Work required:
Begin with the line containing "two_logs = log_of" and copy every line after it to the end of the entries, exactly, leaving out the lines before it.

Dataset extract:
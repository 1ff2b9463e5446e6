-- ===== src/Logs/Tests.antt =====
-- Two logs, one of which has two lines, and the steps of their threads.
use mathlib.Core.List.{Perm}
use sunstorm_xactserver.Base.{
  ◌<◌, ◌≡◌, ◌↔◌, refl, String, true, Option, some, List, [], ◌∷◌, All, length,
}
use sunstorm_xactserver.Logs.{
  NamedLogs, running, ended, PrintSystem, threads_of, line, last, PrintReach, here, later,
}
use sunstorm_xactserver.Logs.Exit.{all_recorded, exit_event_lem}

abbrev log_of : String → List String → NamedLogs
log_of name stream = record { namespace = "eu"; name = name; stream = stream }

abbrev two_logs : List NamedLogs
two_logs = log_of "a" ("x" ∷ "y" ∷ []) ∷ log_of "b" ("z" ∷ []) ∷ []

abbrev keep : String → String → Option String
keep name text = some text

abbrev at_end : PrintSystem String
at_end = record {
  threads = ended ∷ ended ∷ [];
  alive_threads = 0;
  hits = "x" ∷ "z" ∷ "y" ∷ [];
  printed = ("eu|a", "x") ∷ ("eu|b", "z") ∷ ("eu|a", "y") ∷ [];
  exit_event = true;
}

run : PrintReach keep 0 two_logs at_end
run =
    later
      (later
        (later
          (later
            (later here (
              line [] (running "eu|b" ("z" ∷ []) ∷ []) "eu|a" "x" ("y" ∷ []) true refl (λ _. refl)))
            (line (running "eu|a" ("y" ∷ []) ∷ []) [] "eu|b" "z" [] true refl (λ _. refl)))
          (last (running "eu|a" ("y" ∷ []) ∷ []) [] "eu|b" refl))
        (line [] (ended ∷ []) "eu|a" "y" [] true refl (λ _. refl)))
      (last [] (ended ∷ []) "eu|a" refl)

exit_event_lem_example :
    ((at_end.exit_event ≡ true) ↔ ((0 < length two_logs) × All (λ t. t ≡ ended) at_end.threads))
    × (at_end.exit_event ≡ true → Perm at_end.hits (all_recorded keep 0 (threads_of two_logs)))
exit_event_lem_example = exit_event_lem keep 0 two_logs at_end run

Answer space:
two_logs = log_of "a" ("x" ∷ "y" ∷ []) ∷ log_of "b" ("z" ∷ []) ∷ []

abbrev keep : String → String → Option String
keep name text = some text

abbrev at_end : PrintSystem String
at_end = record {
  threads = ended ∷ ended ∷ [];
  alive_threads = 0;
  hits = "x" ∷ "z" ∷ "y" ∷ [];
  printed = ("eu|a", "x") ∷ ("eu|b", "z") ∷ ("eu|a", "y") ∷ [];
  exit_event = true;
}

run : PrintReach keep 0 two_logs at_end
run =
    later
      (later
        (later
          (later
            (later here (
              line [] (running "eu|b" ("z" ∷ []) ∷ []) "eu|a" "x" ("y" ∷ []) true refl (λ _. refl)))
            (line (running "eu|a" ("y" ∷ []) ∷ []) [] "eu|b" "z" [] true refl (λ _. refl)))
          (last (running "eu|a" ("y" ∷ []) ∷ []) [] "eu|b" refl))
        (line [] (ended ∷ []) "eu|a" "y" [] true refl (λ _. refl)))
      (last [] (ended ∷ []) "eu|a" refl)

exit_event_lem_example :
    ((at_end.exit_event ≡ true) ↔ ((0 < length two_logs) × All (λ t. t ≡ ended) at_end.threads))
    × (at_end.exit_event ≡ true → Perm at_end.hits (all_recorded keep 0 (threads_of two_logs)))
exit_event_lem_example = exit_event_lem keep 0 two_logs at_end run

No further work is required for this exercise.